When Jamaica was "granted" independence from Great Britain forty years ago, it inherited economic and political structures that had been used to serve the interests of Britain for three centuries. However, Jamaica and the entire Caribbean region except for Cuba did little to move away from this capitalist system after independence. Rather, many leaders began to look for ways of integrating their economies even further into the same system that had exploited them under colonial rule. Understandably, many independence leaders throughout the Two-Thirds World believed that if independence was achieved, they should be able to compete as equals with other countries within this system. However, this naïveté was merely a reflection of the extent to which many Caribbean politicians remained trapped by a colonization of conscious and conscience; colonial education taught that there were only two economic models, capitalist and communist, and that the capitalist one should be followed no matter what the cost. In this way, Jamaican administrations from that of Michael Manley to P.J. Patterson have submitted to IMF demands despite the severe economic and social effects on their country.

The economic subservience of Caribbean countries to European and North American business interests has led many to conclude that colonialism never actually ended. Throughout its history in the Caribbean, colonialism has always been met with resistance, which has forced colonial powers to find new ways of defining their relationship with those they seek to control. The Haitian Revolution forced the French and British colonial regimes to acknowledge an end to formal enslavement, which was replaced by indentureship.1 In the twentieth century, resistance to colonial rule forced these powers to acknowledge a gradual shift to "independence". However, by the 1960s the political arrangement of former colonial powers continuing to dominate "independent" countries had already been well practiced. In 1822, the British foreign minister Lord Canning declared, "Spanish America is free, and if we do not mishandle our affairs, she is British."2 In nineteenth century Latin America, the British looked to exploit socio-economic differences in order to dominate the economies of the region. Thus, such divide and rule strategies did not vanish with the end of formal "colonialism", and they continue to the present day.
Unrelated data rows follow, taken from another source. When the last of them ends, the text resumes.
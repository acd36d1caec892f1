-- ===== src/Service/Setup/Outcome.antt =====
-- What the setup of a node service ends in.
use cpanelde.Prelude.{
  ℕ, ◌≡◌, ◌⊎◌, refl, arith, true, false, List, [], ◌∷◌, Text, Option, none, some, nat_eq, codes,
  inl, inr, ap, sym, ◌∙◌, ◌++◌, ◌==◌, if◌then◌else◌,
}
use cpanelde.Model.Types.{NodeSpec, UserSpec}
use cpanelde.ControlPlane.Platform.{ApplicationResult}
use cpanelde.Service.{Kernel, Service, report_application}
use cpanelde.Service.Users.{prepare_user_state, confirm_application, start_kernel, started}
use cpanelde.Service.Setup.{
  Bootstrap, Setup, initial_setup, validated, populated, certified, kernel_started, with_snapshot,
  mark_mailbox_ready_and_drain,
}

module _ {K : Type 0} (k : Kernel K) (digest : Text → Text) (config_hash : NodeSpec → Text)
    (validate overrides : NodeSpec → Option Text) where
  -- The stage at which a setup fails, with the error that is reported and the one that is returned.
  pub data Cause (kernel : K) (c : NodeSpec) (us : List UserSpec)
      : Text → Text → Text → Type 0 where
    invalid : {e : Text} → validate c ≡ some e → Cause kernel c us (codes "validate") e e
    uncertified :
        {e : Text}
        → validate c ≡ none
        → overrides c ≡ some e
        → Cause kernel c us (codes "certificate") e e
    not_started :
        {e : Text}
        → validate c ≡ none
        → overrides c ≡ none
        → (k.start kernel (some c) us).1 ≡ some e
        → Cause kernel c us (codes "kernel") e (codes "start kernel: " ++ e)

  -- The reports with a failure in front, if there is a revision to report.
  abbrev pub filed : List ApplicationResult → ℕ → Text → Text → List ApplicationResult
  filed reports r stage text =
      if r == 0
      then reports
      else record { revision = r; status = codes "failed"; stage = stage; error = text } ∷ reports

  -- The setup returns the error, and the failure is reported for a revision that is not 0.
  pub record Refused (s : Service K) (r : ℕ) (c : NodeSpec) (us : List UserSpec) (t : Setup K)
      : Type 0 where
    pub stage : Text
    pub text : Text
    pub shown : Text
    pub cause : Cause s.kernel c us stage text shown
    pub error : t.error ≡ some shown
    pub reports : t.service.reports ≡ filed s.reports r stage text

  -- The configuration and the users are in effect.
  pub record Started (s : Service K) (r : ℕ) (c : NodeSpec) (us : List UserSpec) (t : Setup K)
      : Type 0 where
    pub error : t.error ≡ none
    pub accepted : k.start s.kernel (some c) us ≡ (t.service.kernel, none)
    pub running : k.is_running t.service.kernel ≡ true
    pub config : (t.service.last_config ≡ some c) × (t.service.applied_config ≡ some c)
    pub users : (t.service.last_users ≡ us) × (t.service.applied_users ≡ us)
    pub no_poll : t.service.reconcile_needed ≡ false
    pub revision : (r ≡ 0) ⊎ (t.service.applied_revision ≡ r)

  -- There are no users: the kernel is left as it is, and a poll is asked for.
  pub record Waits (s : Service K) (c : NodeSpec) (us : List UserSpec) (t : Setup K) : Type 0 where
    pub error : t.error ≡ none
    pub users : (us ≡ []) × (t.service.last_users ≡ [])
    pub kernel : t.service.kernel ≡ s.kernel
    pub config : t.service.last_config ≡ some c
    pub poll : t.service.reconcile_needed ≡ true

  abbrev pub Outcome : Service K → ℕ → NodeSpec → List UserSpec → Setup K → Type 0
  Outcome s r c us t = Refused s r c us t ⊎ (Started s r c us t ⊎ Waits s c us t)

  reported :
      (s : Service K) (stage e : Text)
      → (report_application s (codes "failed") stage (some e)).reports
        ≡ filed s.reports s.desired_revision stage e
  unfolding report_application
  reported s stage e = ground arith

  confirmed :
      (s : Service K)
      → k.is_running s.kernel ≡ true
      → let t = confirm_application k digest overrides s in
        (t.kernel ≡ s.kernel)
        × (t.last_config ≡ s.last_config)
        × (t.applied_config ≡ s.applied_config)
        × (t.last_users ≡ s.last_users)
        × (t.applied_users ≡ s.applied_users)
        × (t.reconcile_needed ≡ false)
        × ((s.desired_revision ≡ 0) ⊎ (t.applied_revision ≡ s.desired_revision))
  unfolding confirm_application report_application
  confirmed s running = ground (arith, running)

  abbrev applying : Service K → ℕ → NodeSpec → List UserSpec → Service K
  applying s r c us =
      with_snapshot k digest config_hash validate overrides (record s { desired_revision = r }) c us

  certified-Outcome :
      (s : Service K) (r : ℕ) (c : NodeSpec) (us : List UserSpec)
      → validate c ≡ none
      → overrides c ≡ none
      → (o : K × Option Text) → k.start s.kernel (some c) us ≡ o
      → (o.1 ≡ none → k.is_running o.0 ≡ true)
      → Outcome s r c us (
          kernel_started k digest config_hash validate overrides
            (started k digest overrides (applying s r c us) (some c) us o)
            none)
  unfolding prepare_user_state mark_mailbox_ready_and_drain report_application
  certified-Outcome s r c us valid certain (kernel, some e) refused runs = inl (record {
    stage = codes "kernel";
    text = e;
    cause = not_started valid certain (ap (λ o. o.1) refused);
    shown = codes "start kernel: " ++ e;
    error = refl;
    reports =
        reported (started k digest overrides (applying s r c us) (some c) us (kernel, some e)).0
          (codes "kernel") e;
  })
  certified-Outcome s r c us valid certain (kernel, none) went runs =
      let (same, config, applied, users, applied_users, calm, revision) =
        confirmed (started k digest overrides (applying s r c us) (some c) us (kernel, none)).0
          (runs refl) in
      inr (
        inl (record {
          error = refl;
          accepted = went ∙ ap (λ κ. (κ, none)) (sym same);
          running = ap k.is_running same ∙ runs refl;
          config = (config, applied);
          users = (users, applied_users);
          no_poll = calm;
          revision = revision;
        }))

  launched-Outcome :
      (s : Service K) (r : ℕ) (c : NodeSpec) (us : List UserSpec)
      → validate c ≡ none
      → ((k.start s.kernel (some c) us).1 ≡ none
          → k.is_running (k.start s.kernel (some c) us).0 ≡ true)
      → (e : Option Text) → overrides c ≡ e
      → Outcome s r c us
          (certified k digest config_hash validate overrides (applying s r c us) c us none e)
  unfolding start_kernel prepare_user_state
  launched-Outcome s r c us valid runs (some e) bad = inl (record {
    stage = codes "certificate";
    text = e;
    cause = uncertified valid bad;
    shown = e;
    error = refl;
    reports = reported (applying s r c us) (codes "certificate") e;
  })
  launched-Outcome s r c us valid runs none fine =
      certified-Outcome s r c us valid fine (k.start s.kernel (some c) us) refl runs

  populated-Outcome :
      (s : Service K) (r : ℕ) (c : NodeSpec) (us : List UserSpec)
      → validate c ≡ none
      → ((k.start s.kernel (some c) us).1 ≡ none
          → k.is_running (k.start s.kernel (some c) us).0 ≡ true)
      → Outcome s r c us
          (populated k digest config_hash validate overrides (applying s r c us) c us none)
  unfolding mark_mailbox_ready_and_drain prepare_user_state
  populated-Outcome s r c [] valid runs = inr (
      inr
        (record { error = refl; users = (refl, refl); kernel = refl; config = refl; poll = refl }))
  populated-Outcome s r c (u ∷ us) valid runs =
      launched-Outcome s r c (u ∷ us) valid runs (overrides c) refl

  validated-Outcome :
      (s : Service K) (r : ℕ) (c : NodeSpec) (us : List UserSpec)
      → ((k.start s.kernel (some c) us).1 ≡ none
          → k.is_running (k.start s.kernel (some c) us).0 ≡ true)
      → (e : Option Text) → validate c ≡ e
      → Outcome s r c us (
          validated k digest config_hash validate overrides
            (record s { desired_revision = r })
            c
            us
            none
            e)
  validated-Outcome s r c us runs (some e) bad = inl (record {
    stage = codes "validate";
    text = e;
    cause = invalid bad;
    shown = e;
    error = refl;
    reports = reported (record s { desired_revision = r }) (codes "validate") e;
  })
  validated-Outcome s r c us runs none fine = populated-Outcome s r c us fine runs

  -- If the kernel runs after a start without an error, a setup with a configuration and no mailbox
  -- ends in one of three ways. Either it returns the error of the checks, the certificate or the
  -- kernel, and reports the failure if the revision is not 0; or it returns no error, the kernel
  -- has started with the configuration and the users, these are the current ones, with the
  -- revision, and no poll is asked for; or it returns no error, there are no users, the kernel is
  -- left as it is, and a poll is asked for.
  pub initial_setup-Outcome :
      (s : Service K) (b : Bootstrap) (c : NodeSpec)
      → b.config ≡ some c
      → b.mailbox ≡ none
      → ((k.start s.kernel (some c) b.users).1 ≡ none
          → k.is_running (k.start s.kernel (some c) b.users).0 ≡ true)
      → Outcome s b.revision c b.users (initial_setup k digest config_hash validate overrides s b)
  unfolding initial_setup
  initial_setup-Outcome s b c has_config alone runs =
      rw (has_config, alone, initial_setup)
        (validated-Outcome s b.revision c b.users runs (validate c) refl)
Within the context of independent states, the perpetuation of colonial thought is necessary in order for this economic violation to continue. Arnold Itwaru describes that, "The project of consciousness control, of trying to make us despise and forget ourselves, came to us in the name of Education.… Education was going to save us, we were told."3 In order for Britain or the United States to be able to profit from Caribbean countries, they need partners in the region. In an independent country that has been victimized under the international capitalist system for centuries, it would seem highly unreasonable for leaders of that country to continue to look for help from those who have historically been responsible for their oppression. However, the gateway to "development" is still often seen as following the advice of EuroAmerican capitalism. Itwaru argues that the continuing colonization that exists today is a result of a continuing colonial mentality.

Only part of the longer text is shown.